(Stored data entries)
++++++++++++++++++++
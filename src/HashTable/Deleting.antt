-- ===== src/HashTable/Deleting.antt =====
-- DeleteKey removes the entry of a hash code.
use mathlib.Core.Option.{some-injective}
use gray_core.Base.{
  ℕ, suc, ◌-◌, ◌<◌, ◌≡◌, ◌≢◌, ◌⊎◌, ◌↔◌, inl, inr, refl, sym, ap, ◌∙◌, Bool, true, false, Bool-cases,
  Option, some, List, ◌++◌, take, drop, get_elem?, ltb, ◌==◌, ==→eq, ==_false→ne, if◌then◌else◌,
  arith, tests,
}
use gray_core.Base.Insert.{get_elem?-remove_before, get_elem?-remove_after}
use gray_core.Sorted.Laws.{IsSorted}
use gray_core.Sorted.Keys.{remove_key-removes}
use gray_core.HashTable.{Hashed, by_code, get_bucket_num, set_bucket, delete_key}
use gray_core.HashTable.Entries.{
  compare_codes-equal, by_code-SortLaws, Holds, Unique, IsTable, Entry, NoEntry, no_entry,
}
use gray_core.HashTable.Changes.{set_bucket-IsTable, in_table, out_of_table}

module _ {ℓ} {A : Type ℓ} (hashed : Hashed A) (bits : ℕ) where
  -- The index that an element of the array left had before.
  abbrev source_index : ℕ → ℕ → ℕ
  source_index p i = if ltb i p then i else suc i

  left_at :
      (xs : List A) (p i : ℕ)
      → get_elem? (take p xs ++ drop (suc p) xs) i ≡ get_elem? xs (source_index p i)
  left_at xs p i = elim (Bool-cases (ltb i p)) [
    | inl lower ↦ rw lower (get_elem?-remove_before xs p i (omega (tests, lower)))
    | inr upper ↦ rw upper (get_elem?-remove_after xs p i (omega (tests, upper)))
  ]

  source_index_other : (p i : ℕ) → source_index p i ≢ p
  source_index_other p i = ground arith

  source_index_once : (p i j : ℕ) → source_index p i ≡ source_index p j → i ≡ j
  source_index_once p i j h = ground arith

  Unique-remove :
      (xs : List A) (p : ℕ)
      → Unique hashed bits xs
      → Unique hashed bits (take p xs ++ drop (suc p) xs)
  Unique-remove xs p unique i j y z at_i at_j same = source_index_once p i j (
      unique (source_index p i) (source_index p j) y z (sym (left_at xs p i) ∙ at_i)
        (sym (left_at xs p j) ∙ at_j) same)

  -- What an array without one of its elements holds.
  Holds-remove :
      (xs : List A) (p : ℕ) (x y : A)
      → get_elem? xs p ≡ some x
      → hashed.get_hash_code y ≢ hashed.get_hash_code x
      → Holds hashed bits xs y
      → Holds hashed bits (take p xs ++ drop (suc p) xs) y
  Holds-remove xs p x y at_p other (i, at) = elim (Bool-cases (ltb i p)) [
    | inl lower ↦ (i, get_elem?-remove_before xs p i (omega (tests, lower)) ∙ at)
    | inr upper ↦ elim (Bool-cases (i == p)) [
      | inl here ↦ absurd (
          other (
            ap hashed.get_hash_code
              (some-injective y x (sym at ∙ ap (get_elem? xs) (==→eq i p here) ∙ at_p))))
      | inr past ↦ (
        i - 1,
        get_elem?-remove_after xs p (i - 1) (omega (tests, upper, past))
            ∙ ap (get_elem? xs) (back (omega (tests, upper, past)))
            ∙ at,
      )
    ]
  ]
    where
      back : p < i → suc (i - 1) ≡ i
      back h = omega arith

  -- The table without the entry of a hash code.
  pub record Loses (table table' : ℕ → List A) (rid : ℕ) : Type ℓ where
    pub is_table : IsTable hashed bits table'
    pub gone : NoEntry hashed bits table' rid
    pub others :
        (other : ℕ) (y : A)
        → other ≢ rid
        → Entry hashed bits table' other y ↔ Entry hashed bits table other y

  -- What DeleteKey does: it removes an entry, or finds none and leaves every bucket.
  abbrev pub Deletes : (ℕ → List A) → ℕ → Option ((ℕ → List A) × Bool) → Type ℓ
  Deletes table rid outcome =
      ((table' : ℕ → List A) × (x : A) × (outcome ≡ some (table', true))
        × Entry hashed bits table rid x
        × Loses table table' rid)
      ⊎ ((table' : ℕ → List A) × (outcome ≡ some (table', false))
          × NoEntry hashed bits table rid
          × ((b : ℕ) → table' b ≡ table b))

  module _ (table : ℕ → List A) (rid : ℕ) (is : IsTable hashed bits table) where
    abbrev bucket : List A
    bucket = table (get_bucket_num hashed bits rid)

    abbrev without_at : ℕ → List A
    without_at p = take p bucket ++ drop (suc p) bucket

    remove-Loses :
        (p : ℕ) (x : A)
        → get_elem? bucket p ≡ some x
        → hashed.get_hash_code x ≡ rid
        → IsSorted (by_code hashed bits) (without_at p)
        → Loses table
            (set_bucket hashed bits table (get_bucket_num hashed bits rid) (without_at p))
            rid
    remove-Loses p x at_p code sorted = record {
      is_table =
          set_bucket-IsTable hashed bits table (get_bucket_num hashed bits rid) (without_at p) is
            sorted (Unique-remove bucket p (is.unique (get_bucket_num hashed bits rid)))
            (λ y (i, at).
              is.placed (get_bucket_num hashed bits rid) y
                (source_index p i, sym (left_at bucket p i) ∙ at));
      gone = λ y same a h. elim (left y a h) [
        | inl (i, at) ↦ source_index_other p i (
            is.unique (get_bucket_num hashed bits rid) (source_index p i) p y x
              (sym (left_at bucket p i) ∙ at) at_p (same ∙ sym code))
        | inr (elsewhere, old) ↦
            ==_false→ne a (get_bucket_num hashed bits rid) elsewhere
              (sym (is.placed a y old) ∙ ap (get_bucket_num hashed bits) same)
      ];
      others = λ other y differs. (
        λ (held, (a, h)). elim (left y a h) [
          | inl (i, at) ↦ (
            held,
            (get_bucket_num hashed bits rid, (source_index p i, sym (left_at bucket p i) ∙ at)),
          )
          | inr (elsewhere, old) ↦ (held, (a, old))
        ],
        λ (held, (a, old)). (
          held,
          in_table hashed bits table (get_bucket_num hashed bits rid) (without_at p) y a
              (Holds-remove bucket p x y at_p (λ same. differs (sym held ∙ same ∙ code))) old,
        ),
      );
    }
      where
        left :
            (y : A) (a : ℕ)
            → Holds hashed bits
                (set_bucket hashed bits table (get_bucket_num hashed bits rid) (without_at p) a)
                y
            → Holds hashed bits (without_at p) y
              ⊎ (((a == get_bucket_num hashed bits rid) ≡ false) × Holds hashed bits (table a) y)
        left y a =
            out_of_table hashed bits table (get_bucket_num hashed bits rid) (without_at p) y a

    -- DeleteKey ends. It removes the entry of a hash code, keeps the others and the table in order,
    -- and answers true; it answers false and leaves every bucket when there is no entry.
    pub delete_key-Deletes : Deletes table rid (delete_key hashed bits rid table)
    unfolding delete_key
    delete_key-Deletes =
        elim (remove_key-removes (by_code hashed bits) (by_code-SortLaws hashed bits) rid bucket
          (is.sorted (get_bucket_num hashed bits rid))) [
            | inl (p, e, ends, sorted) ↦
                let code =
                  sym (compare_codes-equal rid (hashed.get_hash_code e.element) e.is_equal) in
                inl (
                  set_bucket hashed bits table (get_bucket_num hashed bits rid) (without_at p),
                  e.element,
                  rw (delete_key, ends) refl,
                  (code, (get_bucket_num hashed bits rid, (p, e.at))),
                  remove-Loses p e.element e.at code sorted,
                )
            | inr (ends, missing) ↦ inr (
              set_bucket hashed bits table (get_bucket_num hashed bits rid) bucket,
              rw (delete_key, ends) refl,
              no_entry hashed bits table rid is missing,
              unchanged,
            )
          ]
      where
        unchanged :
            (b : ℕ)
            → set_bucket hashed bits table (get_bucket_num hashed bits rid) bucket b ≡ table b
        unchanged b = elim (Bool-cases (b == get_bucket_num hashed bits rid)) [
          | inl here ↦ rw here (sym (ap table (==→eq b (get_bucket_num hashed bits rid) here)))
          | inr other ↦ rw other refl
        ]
++++++++++++++++++++
■ What needs to be done ■
Within the data above, the lines from the one with "get_elem?-remove_after xs p (i" to the one with "table other y" must be repeated exactly; no other line belongs in the answer.

■ Expected answer ■
        get_elem?-remove_after xs p (i - 1) (omega (tests, upper, past))
            ∙ ap (get_elem? xs) (back (omega (tests, upper, past)))
            ∙ at,
      )
    ]
  ]
    where
      back : p < i → suc (i - 1) ≡ i
      back h = omega arith

  -- The table without the entry of a hash code.
  pub record Loses (table table' : ℕ → List A) (rid : ℕ) : Type ℓ where
    pub is_table : IsTable hashed bits table'
    pub gone : NoEntry hashed bits table' rid
    pub others :
        (other : ℕ) (y : A)
        → other ≢ rid
        → Entry hashed bits table' other y ↔ Entry hashed bits table other y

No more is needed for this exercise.